The numpy array (y), that I am trying to split:
[1 1 1 1 1 1 1 1 1 1 1 1 1 1 1 1 1 1 1 1 1 1 1 1 1 1 1 1 1 1 1 1 1 1 1 1 1
 1 1 1 1 1 1 1 1 1 1 1 1 1 1 1 1 1 1 1 1 1 1 1 1 1 1 1 1 1 1 1 1 1 1 1 1 1
 1 1 1 1 1 1 1 1 1 1 1 1 1 1 1 1 1 1 1 1 1 1 1 1 1 1 2 2 2 2 2 2 2 2 2 2 2
 2 2 2 2 2 2 2 2 2 2 2 2 2 2 2 2 2 2 2 2 2 2 2 2 2 2 2 2 2 2 2 2 2 2 2 2 2
 2 2 2 2 2 2 2 2 2 2 2 2 2 2 2 2 2 2 2 2 2 2 2 2 2 2 2 2 2 2 2 2 2 2 2 2 2
 2 2 2 2 2 2 2 2 2 2 2 2 2 2 2 3 3 3 3 3 3 3 3 3 3 3 3 3 3 3 3 3 3 3 3 3 3
 3 3 3 3 3 3 3 3 3 3 3 3 3 3 3 3 3 3 3 3 3 3 3 3 3 3 3 3 3 3 3 3 3 3 3 3 3
 3 3 3 3 3 3 3 3 3 3 3 3 3 3 3 3 3 3 3 3 3 3 3 3 3 3 3 3 3 3 3 3 3 3 3 3 3
 3 3 3 3 4 4 4 4 4 4 4 4 4 4 4 4 4 4 4 4 4 4 4 4 4 4 4 4 4 4 4 4 4 4 4 4 4
 4 4 4 4 4 4 4 4 4 4 4 4 4 4 4 4 4 4 4 4 4 4 4 4 4 4 4 4 4 4 4 4 4 4 4 4 4
 4 4 4 4 4 4 4 4 4 4 4 4 4 4 4 4 4 4 4 4 4 4 4 4 4 4 4 4 4 4 5 5 5 5 5 5 5
 5 5 5 5 5 5 5 5 5 5 5 5 5 5 5 5 5 5 5 5 5 5 5 5 5 5 5 5 5 5 5 5 5 5 5 5 5
 5 5 5 5 5 5 5 5 5 5 5 5 5 5 5 5 5 5 5 5 5 5 5 5 5 5 5 5 5 5 5 5 5 5 5 5 5
 5 5 5 5 5 5 5 5 5 5 5 5 5 5 5 5 5 5]

Solution

  • random_state = 123
    n_splits = 10
    cv = StratifiedKFold(n_splits=n_splits, random_state=random_state, shuffle=False)
    def baseline_model():
        nn_model = Sequential(name='model_name')
        nn_model.add(Dense(units=50, input_dim=X.shape[1], init='normal',
                           activation= 'relu', name='dense1'))
        nn_model.add(Dense(30, init='normal', activation='relu', name='dense2'))
        nn_model.add(Dense(10, init='normal', activation='relu', name='dense3'))
        # code changed here
        nn_model.add(Dense(5, init='normal', activation='softmax', name='dense4'))
    
        nn_model.compile(optimizer='adam', loss='categorical_crossentropy',
                         metrics = ['accuracy'])
        return nn_model
    
    for train, test in cv.split(X, y):   
        X_train, X_test = X[train], X[test]

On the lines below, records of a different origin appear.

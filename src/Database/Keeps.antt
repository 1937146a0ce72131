-- ===== src/Database/Keeps.antt =====
-- Which handlers keep the ledger's invariant.
use make_we_bet.Prelude.{ℕ, ◌≡◌, refl, Bool, true, false, List, pos, fresh, lookup-fresh}
use make_we_bet.Errors.{Error, Result, ok, err}
use make_we_bet.Ledger.{Account, PostJournalInput, Ledger, post}
use make_we_bet.Ledger.Invariant.{IsSound, post-IsSound, open_account, open_account-IsSound}
use make_we_bet.Database.Schema.{Db}
use make_we_bet.Database.Actions.{
  Action, map_action, ◌>>=◌, ◌>>◌, write, lift, transaction, rethrow, rescue, for_each, posted,
  post_journal,
}
use make_we_bet.Database.Invariant.{
  Keeps, lift-Keeps, >>=-Keeps, >>-Keeps, transaction-Keeps, rethrow-Keeps, rescue-Keeps,
  for_each-Keeps, map_action-Keeps, elim-Keeps,
}

abbrev Sound : Db → Type 0
Sound db = IsSound db.ledger

-- Whether the handler returns or throws, the ledger that it leaves is sound if it was before.
unfoldable pub KeepsSound : {A : Type 0} → Action A → Type 0
unfolding Keeps
KeepsSound m = Keeps Sound m

pub lift-KeepsSound : {A : Type 0} (r : Result A) → KeepsSound (lift r)
unfolding KeepsSound
lift-KeepsSound r = lift-Keeps Sound r

pub write-KeepsSound :
    (f : Db → Db) → ((db : Db) → (f db).ledger ≡ db.ledger) → KeepsSound (write f)
unfolding KeepsSound
write-KeepsSound f same db s = rw (same db) s

pub >>=-KeepsSound :
    {A B : Type 0} (m : Action A) (f : A → Action B)
    → KeepsSound m
    → ((a : A) → KeepsSound (f a))
    → KeepsSound (m >>= f)
unfolding KeepsSound
>>=-KeepsSound m f km kf = >>=-Keeps Sound m f km kf

pub >>-KeepsSound :
    {A B : Type 0} (m : Action A) (k : Action B) → KeepsSound m → KeepsSound k → KeepsSound (m >> k)
unfolding KeepsSound
>>-KeepsSound m k km kk = >>-Keeps Sound m k km kk

pub transaction-KeepsSound : {A : Type 0} (m : Action A) → KeepsSound m → KeepsSound (transaction m)
unfolding KeepsSound
transaction-KeepsSound m km = transaction-Keeps Sound m km

pub rethrow-KeepsSound :
    {A : Type 0} (f : Error → Error) (m : Action A) → KeepsSound m → KeepsSound (rethrow f m)
unfolding KeepsSound
rethrow-KeepsSound f m km = rethrow-Keeps Sound f m km

pub rescue-KeepsSound :
    {A : Type 0} (f : Error → Action A) (m : Action A)
    → ((e : Error) → KeepsSound (f e))
    → KeepsSound m
    → KeepsSound (rescue f m)
unfolding KeepsSound
rescue-KeepsSound f m kf km = rescue-Keeps Sound f m kf km

pub for_each-KeepsSound :
    {A : Type 0} (f : A → Action Unit)
    → ((a : A) → KeepsSound (f a))
    → (xs : List A) → KeepsSound (for_each f xs)
unfolding KeepsSound
for_each-KeepsSound f kf xs = for_each-Keeps Sound f kf xs

pub map_action-KeepsSound :
    {A B : Type 0} (f : A → Action B)
    → ((a : A) → KeepsSound (f a))
    → (xs : List A) → KeepsSound (map_action f xs)
unfolding KeepsSound
map_action-KeepsSound f kf xs = map_action-Keeps Sound f kf xs

pub elim-KeepsSound :
    {A : Type 0} (b : Bool) (m k : Action A)
    → KeepsSound m
    → KeepsSound k
    → KeepsSound (elim b [ true ↦ m | false ↦ k ])
unfolding KeepsSound
elim-KeepsSound b m k km kk = elim-Keeps Sound b m k km kk

posted_lem :
    (input : PostJournalInput) (db : Db)
    → IsSound db.ledger
    → (r : Result (ℕ × Ledger)) → post input db.ledger ≡ r
    → IsSound (posted db r).1.ledger
posted_lem input db s (ok (id, l)) h = post-IsSound input db.ledger h s
posted_lem input db s (err e) h = s

pub post_journal-KeepsSound : (input : PostJournalInput) → KeepsSound (post_journal input)
unfolding KeepsSound post_journal
post_journal-KeepsSound input db s = posted_lem input db s (post input db.ledger) refl

-- A new account with an unused id and no balance.
pub open_account-KeepsSound :
    (a : Account)
    → a.balance_minor ≡ pos 0
    → KeepsSound
        (write (λ db. record db { ledger = open_account (fresh db.ledger.accounts) a db.ledger }))
unfolding KeepsSound
open_account-KeepsSound a zero db s =
    open_account-IsSound _ a db.ledger (lookup-fresh db.ledger.accounts) zero s

pub ruleset keeps = (
  lift-KeepsSound, write-KeepsSound, >>=-KeepsSound, post_journal-KeepsSound,
  transaction-KeepsSound, rethrow-KeepsSound, rescue-KeepsSound, for_each-KeepsSound,
)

        y_train, y_test = y[train], y[test]
    
        # the error is due to this step
        # you have specified only one output in the last dense layer (dense4)

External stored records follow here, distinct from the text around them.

-- ===== src/Auth/Service.antt =====
-- AuthService of apps/api/src/modules/auth/auth.service.ts, and the guard of
-- apps/api/src/modules/auth/strategies/jwt.strategy.ts. The parameters are argon2's `hash` and
-- `verify`; the addresses and names that a request carries are those after `toLowerCase`, and the
-- random values are arguments. An e-mail changes no table.
use make_we_bet.Prelude.{
  ℕ, Bool, false, ◌&&◌, ◌||◌, not, Option, none, some, lookup, insert, first?, update_all, fresh,
  ◌==◌,
}
use make_we_bet.Errors.{
  Error, already_exists, unique_violation, invalid_credentials, account_disabled, record_not_found,
}
use make_we_bet.Contracts.{String, ◌===◌, user_registered}
use make_we_bet.Ledger.{user_available}
use make_we_bet.Ledger.Invariant.{opened, open_account}
use make_we_bet.Database.{
  UserRole, role_user, pending_verification, active_user, User, Session, Action, email_verify,
  password_reset, ◌>>=◌, ◌>>◌, return, tables, write, require, found, transaction, rethrow, emit,
  ngn,
}
use make_we_bet.Wallet.{is_null}
use make_we_bet.Auth.Otp.{issue_code, consume}
use make_we_bet.Auth.Tokens.{IssuedTokens, TokenConfig, is_absent, is_disabled, issue, revoked}

pub record RegisterRequest : Type 0 where
  pub email : String
  pub username : String
  pub phone : Option String
  pub password : ℕ

pub record Credentials : Type 0 where
  pub hash : ℕ → ℕ
  pub verify : ℕ → ℕ → Bool
  pub hash_code : ℕ → ℕ
  pub tokens : TokenConfig

abbrev same_phone : Option String → Option String → Bool
same_phone none b = false
same_phone (some x) none = false
same_phone (some x) (some y) = x === y

-- The three unique columns.
abbrev pub collides : User → User → Bool
collides u v = (v.email === u.email) || ((v.username === u.username) || same_phone v.phone u.phone)

abbrev pub new_user : ℕ → RegisterRequest → ℕ → User
new_user now dto password_hash = record {
  email = dto.email;
  username = dto.username;
  phone = dto.phone;
  password_hash = password_hash;
  role = role_user;
  status = pending_verification;
  created_at = now;
  email_verified_at = none;
  last_login_at = none;
  deleted_at = none;
}

abbrev pub set_user : ℕ → User → Action Unit
set_user id u = write λ db. record db { users = insert id u db.users }

-- `tx.user.create`, with the wallet's account.
unfoldable pub create_user : User → Action ℕ
create_user u = do
  db ← tables
  require (is_absent (first? (collides u) db.users)) unique_violation
  let id = fresh db.users
  set_user id u
  write λ db. record db {
    ledger =
        open_account (fresh db.ledger.accounts) (opened user_available (some id) none ngn)
          db.ledger;
  }
  return id

unfoldable pub sign_up : User → Action ℕ
unfolding create_user
sign_up u = do id ← create_user u; emit (user_registered id); return id

abbrev pub register_error : Error → Error
register_error unique_violation = already_exists
register_error e = e

-- `user.update`: without the row it is P2025.
abbrev pub update_user : ℕ → (User → User) → Action Unit
update_user id f = do
  db ← tables
  u ← found (lookup id db.users) record_not_found
  set_user id (f u)

-- `where: { OR: [{ email: identifier }, { username: identifier }], deletedAt: null }`
abbrev pub is_identified : String → User → Bool
is_identified identifier u =
    ((u.email === identifier) || (u.username === identifier)) && is_null u.deleted_at

abbrev pub of_user : ℕ → Session → Bool
of_user user s = (s.user_id == user) && is_null s.revoked_at

module _ (c : Credentials) where
  unfoldable pub register : ℕ → RegisterRequest → ℕ → ℕ → ℕ → Action IssuedTokens
  unfolding sign_up
  register now dto code family raw = do
    id ← rethrow register_error (transaction (sign_up (new_user now dto (c.hash dto.password))))
    issue_code c.hash_code now id email_verify code
    issue c.tokens now id role_user family raw

  unfoldable pub login : ℕ → String → ℕ → ℕ → ℕ → Action IssuedTokens
  login now identifier password family raw = do
    db ← tables
    (id, u) ← found (first? (is_identified identifier) db.users) invalid_credentials
    require (c.verify u.password_hash password) invalid_credentials
    require (not (is_disabled u.status)) account_disabled
    update_user id (λ v. record v { last_login_at = some now })
    issue c.tokens now id u.role family raw

  unfoldable pub verify_email : ℕ → ℕ → ℕ → Action Unit
  verify_email now user code = do
    consume c.hash_code now user email_verify code
    update_user user (λ u. record u { email_verified_at = some now; status = active_user })

  -- The user with this address is sent a token.
  abbrev pub issue_reset : ℕ → ℕ → Option (ℕ × User) → Action Unit
  issue_reset now token none = return tt
  issue_reset now token (some (id, _)) = issue_code c.hash_code now id password_reset token

  unfoldable pub forgot_password : ℕ → String → ℕ → Action Unit
  forgot_password now email token = do
    db ← tables
    issue_reset now token (first? (λ u. u.email === email) db.users)

  -- The two statements of the transaction.
  unfoldable pub change_password : ℕ → ℕ → ℕ → Action Unit
  change_password now user password = do
    update_user user (λ u. record u { password_hash = c.hash password })
    write λ db. record db { sessions = update_all (of_user user) (revoked now) db.sessions }

  unfoldable pub reset_password : ℕ → ℕ → ℕ → ℕ → Action Unit
  unfolding change_password
  reset_password now user token password = do
    consume c.hash_code now user password_reset token
    transaction (change_password now user password)

-- `validate` of JwtStrategy: whose access token is accepted, with the role that it then has.
unfoldable pub validate : ℕ → Action (ℕ × UserRole)
validate user = do
  db ← tables
  u ← found (lookup user db.users) account_disabled
  require (is_null u.deleted_at && not (is_disabled u.status)) account_disabled
  return (user, u.role)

        # but you are giving input of length 5
        np_utils.to_categorical(y_train)
        np_utils.to_categorical(y_test)
    
        estimator = KerasClassifier(build_fn=baseline_model,
                                    epochs=200, batch_size=5,
                                    verbose=0)

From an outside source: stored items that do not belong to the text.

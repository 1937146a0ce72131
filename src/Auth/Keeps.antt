-- ===== src/Auth/Keeps.antt =====
-- The services of apps/api/src/modules/auth keep the ledger sound: a wallet opens empty.
use make_we_bet.Prelude.{ℕ, refl, fresh, Bool, true, false, Option, none, some}
use make_we_bet.Errors.{ok}
use make_we_bet.Contracts.{String}
use make_we_bet.Ledger.{user_available}
use make_we_bet.Ledger.Invariant.{opened, open_account}
use make_we_bet.Database.{ngn, write, OtpPurpose, OtpCode, Session, User, UserRole}
use make_we_bet.Database.Keeps.{KeepsSound, keeps, lift-KeepsSound, open_account-KeepsSound}
use make_we_bet.Auth.Otp.{issue_code, persist, checked, consume}
use make_we_bet.Auth.Tokens.{TokenConfig, issue, rotate_once, rotate, revoke_found, revoke_by_token}
use make_we_bet.Auth.Service.{
  RegisterRequest, Credentials, create_user, sign_up, register, login, verify_email, issue_reset,
  forgot_password, change_password, reset_password,
}

issue_code-KeepsSound :
    (hash : ℕ → ℕ) (now user : ℕ) (purpose : OtpPurpose) (value : ℕ)
    → KeepsSound (issue_code hash now user purpose value)
unfolding issue_code persist KeepsSound
issue_code-KeepsSound hash now user purpose value = search keeps depth 9 fits 9000

checked-KeepsSound :
    (hash : ℕ → ℕ) (now id : ℕ) (c : OtpCode) (b : Bool) → KeepsSound (checked hash now id c b)
unfolding KeepsSound
checked-KeepsSound hash now id c true = search keeps depth 9 fits 9000
checked-KeepsSound hash now id c false = search keeps depth 9 fits 9000

pub consume-KeepsSound :
    (hash : ℕ → ℕ) (now user : ℕ) (purpose : OtpPurpose) (value : ℕ)
    → KeepsSound (consume hash now user purpose value)
unfolding consume KeepsSound
consume-KeepsSound hash now user purpose value =
    search (keeps, checked-KeepsSound) depth 9 fits 9000

issue-KeepsSound :
    (config : TokenConfig) (now user : ℕ) (role : UserRole) (family raw : ℕ)
    → KeepsSound (issue config now user role family raw)
unfolding issue KeepsSound
issue-KeepsSound config now user role family raw = search keeps depth 9 fits 9000

rotate_once-KeepsSound :
    (config : TokenConfig) (now next id : ℕ) (s : Session) (u : User) (b : Bool)
    → KeepsSound (rotate_once config now next id s u b)
unfolding rotate_once KeepsSound
rotate_once-KeepsSound config now next id s u true = search keeps depth 9 fits 9000
rotate_once-KeepsSound config now next id s u false =
    search (keeps, issue-KeepsSound) depth 9 fits 9000

pub rotate-KeepsSound :
    (config : TokenConfig) (now next raw : ℕ) → KeepsSound (rotate config now next raw)
unfolding rotate KeepsSound
rotate-KeepsSound config now next raw = search (keeps, rotate_once-KeepsSound) depth 9 fits 9000

revoke_found-KeepsSound :
    (config : TokenConfig) (now : ℕ) (o : Option (ℕ × Session))
    → KeepsSound (revoke_found config now o)
unfolding KeepsSound
revoke_found-KeepsSound config now none = lift-KeepsSound (ok tt)
revoke_found-KeepsSound config now (some (id, s)) = search keeps depth 9 fits 9000

pub revoke_by_token-KeepsSound :
    (config : TokenConfig) (now raw : ℕ) → KeepsSound (revoke_by_token config now raw)
unfolding revoke_by_token KeepsSound
revoke_by_token-KeepsSound config now raw =
    search (keeps, revoke_found-KeepsSound) depth 9 fits 9000

open_wallet-KeepsSound :
    (id : ℕ)
    → KeepsSound (
        write (λ db. record db {
          ledger =
              open_account
                (fresh db.ledger.accounts)
                (opened user_available (some id) none ngn)
                db.ledger;
        }))
open_wallet-KeepsSound id = open_account-KeepsSound (opened user_available (some id) none ngn) refl

create_user-KeepsSound : (u : User) → KeepsSound (create_user u)
unfolding create_user KeepsSound
create_user-KeepsSound u = search (keeps, open_wallet-KeepsSound) depth 9 fits 9000

sign_up-KeepsSound : (u : User) → KeepsSound (sign_up u)
unfolding sign_up KeepsSound
sign_up-KeepsSound u = search (keeps, create_user-KeepsSound) depth 9 fits 9000

module _ (c : Credentials) where
  pub register-KeepsSound :
      (now : ℕ) (dto : RegisterRequest) (code family raw : ℕ)
      → KeepsSound (register c now dto code family raw)
  unfolding register KeepsSound
  register-KeepsSound now dto code family raw =
      search (keeps, sign_up-KeepsSound, issue_code-KeepsSound, issue-KeepsSound) depth 9 fits 9000

  pub login-KeepsSound :
      (now : ℕ) (identifier : String) (password family raw : ℕ)
      → KeepsSound (login c now identifier password family raw)
  unfolding login KeepsSound
  login-KeepsSound now identifier password family raw =
      search (keeps, issue-KeepsSound) depth 9 fits 9000

  pub verify_email-KeepsSound : (now user code : ℕ) → KeepsSound (verify_email c now user code)
  unfolding verify_email KeepsSound
  verify_email-KeepsSound now user code = search (keeps, consume-KeepsSound) depth 9 fits 9000

  issue_reset-KeepsSound :
      (now token : ℕ) (o : Option (ℕ × User)) → KeepsSound (issue_reset c now token o)
  unfolding KeepsSound
  issue_reset-KeepsSound now token none = lift-KeepsSound (ok tt)
  issue_reset-KeepsSound now token (some (id, u)) = issue_code-KeepsSound c.hash_code now id _ token

  pub forgot_password-KeepsSound :
      (now : ℕ) (email : String) (token : ℕ) → KeepsSound (forgot_password c now email token)
  unfolding forgot_password KeepsSound
  forgot_password-KeepsSound now email token =
      search (keeps, issue_reset-KeepsSound) depth 9 fits 9000

  change_password-KeepsSound :
      (now user password : ℕ) → KeepsSound (change_password c now user password)
  unfolding change_password KeepsSound
  change_password-KeepsSound now user password = search keeps depth 9 fits 9000

  pub reset_password-KeepsSound :
      (now user token password : ℕ) → KeepsSound (reset_password c now user token password)
  unfolding reset_password KeepsSound
  reset_password-KeepsSound now user token password =
      search (keeps, consume-KeepsSound, change_password-KeepsSound) depth 9 fits 9000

        estimator.fit(X_train, y_train)
        y_pred = estimator.predict(X_test)
    
    • By specifying the name parameters in the layer you can name your layers. By doing so you will get the definite name of the layers in case of error every time.
    • model.summary() is another useful function with which you can check the output shape of each layer.